Tuesday, November 12, 2019

Petra Kvitova: tennis star tells Czech court of knife attack


The two-times Wimbledon champion Petra Kvitova has told a Czech court how she grabbed the blade associated with an intruder’s knife and forced it from the her neck, leaving blood “everywhere”, throughout an attack at her home in December 2019.

Kvitova suffered severe wounds to her playing left hand as she grappled with the man.

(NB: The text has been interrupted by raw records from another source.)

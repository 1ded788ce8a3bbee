-- ===== src/Cache.antt =====
-- arguss/core/cache.py: the table of cached responses, and the migrations of the schema.
-- `api_cache` has the primary key `key`, so it is a dictionary of rows. A time that the table keeps
-- as ISO text is a number of seconds. `json.dumps` and `json.loads` are parameters. Of
-- `ai_explanations` only the times of expiry matter here.
pub mod Reads
pub mod Cleanup
pub mod Migrations
use arguss.Base.{
  ℕ, zero, suc, ◌+◌, ◌*◌, ◌-◌, ◌%◌, max, ◌≡◌, Bool, true, false, not, ◌&&◌, Option, none, some,
  List, [], ◌∷◌, ◌++◌, if◌then◌else◌, ltb, leb, ◌==◌, length, keep, any, Text, codes, text_eq, Dict,
  lookup, insert, sorted,
}
use arguss.Base.Results.{Result, ok, error, ◌>>=◌}
use arguss.Base.Json.{
  Json, null, bool, number, string, array, object, Members, no_members, member, get, string_of,
}

pub record CacheRow : Type 0 where
  pub response_json : Text
  pub source : Text
  pub expires_at : ℕ
  pub scan_response_schema_version : ℕ

pub record Database : Type 0 where
  pub api_cache : Dict CacheRow
  pub ai_explanations : Dict ℕ

pub data JsonError : Type 0 where
  bad_json not_an_object : JsonError

abbrev pub hour : ℕ
hour = 3600

abbrev scan_response : Text
scan_response = codes "scan_response"

-- SCAN_RESPONSE_SCHEMA_VERSION of arguss/core/models.py
abbrev pub current_schema_version : ℕ
current_schema_version = 8

-- INSERT OR REPLACE INTO api_cache
unfoldable pub put_row : Text → CacheRow → Database → Database
put_row key row db = record db { api_cache = insert key row db.api_cache }

-- SELECT … WHERE key = ? AND source = ? AND expires_at > ?
unfoldable pub live : Text → ℕ → Option CacheRow → Option CacheRow
live source now none = none
live source now (some row) =
    if text_eq row.source source && ltb now row.expires_at then some row else none

unfoldable pub fetch_row : Text → Text → ℕ → Database → Option CacheRow
unfolding live
fetch_row source key now db = live source now (lookup key db.api_cache)

module _ (dumps : Json → Text) where
  unfoldable pub set_scan_response : Text → Json → ℕ → ℕ → Text → ℕ → Database → Database
  unfolding put_row
  set_scan_response key response schema_version ttl_hours source now = put_row key (record {
    response_json = dumps response;
    source = source;
    expires_at = now + ttl_hours * hour;
    scan_response_schema_version = schema_version;
  })

  unfoldable pub set_api_response : Text → Text → Json → ℕ → ℕ → Database → Database
  unfolding put_row set_scan_response
  set_api_response source key response ttl_hours now db =
      if text_eq source scan_response
      then set_scan_response key response current_schema_version ttl_hours source now db
      else put_row key
          (record {
            response_json = dumps response;
            source = source;
            expires_at = now + ttl_hours * hour;
            scan_response_schema_version = 0;
          })
          db

  unfoldable pub set_cached_text : Text → Text → Text → ℕ → ℕ → Database → Database
  unfolding put_row
  set_cached_text source key text ttl_seconds now = put_row key (record {
    response_json = dumps (object (member (codes "text") (string text) no_members));
    source = source;
    expires_at = now + ttl_seconds;
    scan_response_schema_version = 0;
  })

-- payload.get("text"), if it is a string; a payload that is no object raises.
abbrev pub text_of : Option Json → Result JsonError (Option Text)
text_of none = ok none
text_of (some (object ms)) = ok (string_of (get (codes "text") ms))
text_of (some _) = error not_an_object

module _ (loads : Text → Result JsonError Json) where
  abbrev pub decode : Option CacheRow → Result JsonError (Option Json)
  decode none = ok none
  decode (some row) = do j ← loads row.response_json; ok (some j)

  unfoldable pub get_api_response : Text → Text → ℕ → Database → Result JsonError (Option Json)
  unfolding fetch_row
  get_api_response source key now db = decode (fetch_row source key now db)

  unfoldable pub get_cached_text : Text → Text → ℕ → Database → Result JsonError (Option Text)
  unfolding fetch_row
  get_cached_text source key now db = decode (fetch_row source key now db) >>= text_of

  -- DELETE FROM api_cache WHERE key = ? AND source = ?
  unfoldable pub delete_row : Text → Text → Database → Database
  delete_row source key db = record db {
    api_cache = keep (λ e. not (text_eq e.0 key && text_eq e.1.source source)) db.api_cache;
  }

  unfoldable pub read_scan :
      Text → Text → ℕ → Option CacheRow → Database → Result JsonError (Option Json) × Database
  unfolding delete_row
  read_scan source key expected none db = (ok none, db)
  read_scan source key expected (some row) db =
      if row.scan_response_schema_version == expected
      then (decode (some row), db)
      else (ok none, delete_row source key db)

  unfoldable pub get_scan_response :
      Text → ℕ → Text → ℕ → Database → Result JsonError (Option Json) × Database
  unfolding fetch_row read_scan
  get_scan_response key expected_schema_version source now db =
      read_scan source key expected_schema_version (fetch_row source key now db) db

abbrev pub fresh_row : ℕ → Text × CacheRow → Bool
fresh_row now e = not (leb e.1.expires_at now)

abbrev pub fresh_explanation : ℕ → Text × ℕ → Bool
fresh_explanation now e = not (leb e.1 now)

-- The number of rows removed, and the tables without them.
unfoldable pub cleanup_expired : ℕ → Database → ℕ × Database
cleanup_expired now db =
    let rows = keep (fresh_row now) db.api_cache in
    let explanations = keep (fresh_explanation now) db.ai_explanations in
    (
      (length db.api_cache - length rows) + (length db.ai_explanations - length explanations),
      record { api_cache = rows; ai_explanations = explanations },
    )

She returned to professional tennis in May 2019, culminating Eighteen months later back with her first grand slam final, at the 2019 Australian Open, since winning Wimbledon in 2019.

Giving testimony along at the trial of the 33-year-old man faced with a her assault, Kvitova said she’d felt pain free as soon as the 10in (25cm) blade cut into her hand.

To do not be inside same room since the suspect throughout the trial, Kvitova sat within a separate room on the Brno regional courthouse, giving reveal account via microphone and camera of precisely how the suspect entered her apartment and attacked her.

The man had rung her doorbell at 8:30am, posing as a workman who had visit inspect the recent water system from the flat, the Czech news website Idnes quoted her as saying.

“He mentioned to transform on the hot water tap and also at that moment I’d a knife against my neck. I grabbed it with the hands. I held the blade with my left hand. I snatched it away, I fell on to the ground and there was blood everywhere,” she said.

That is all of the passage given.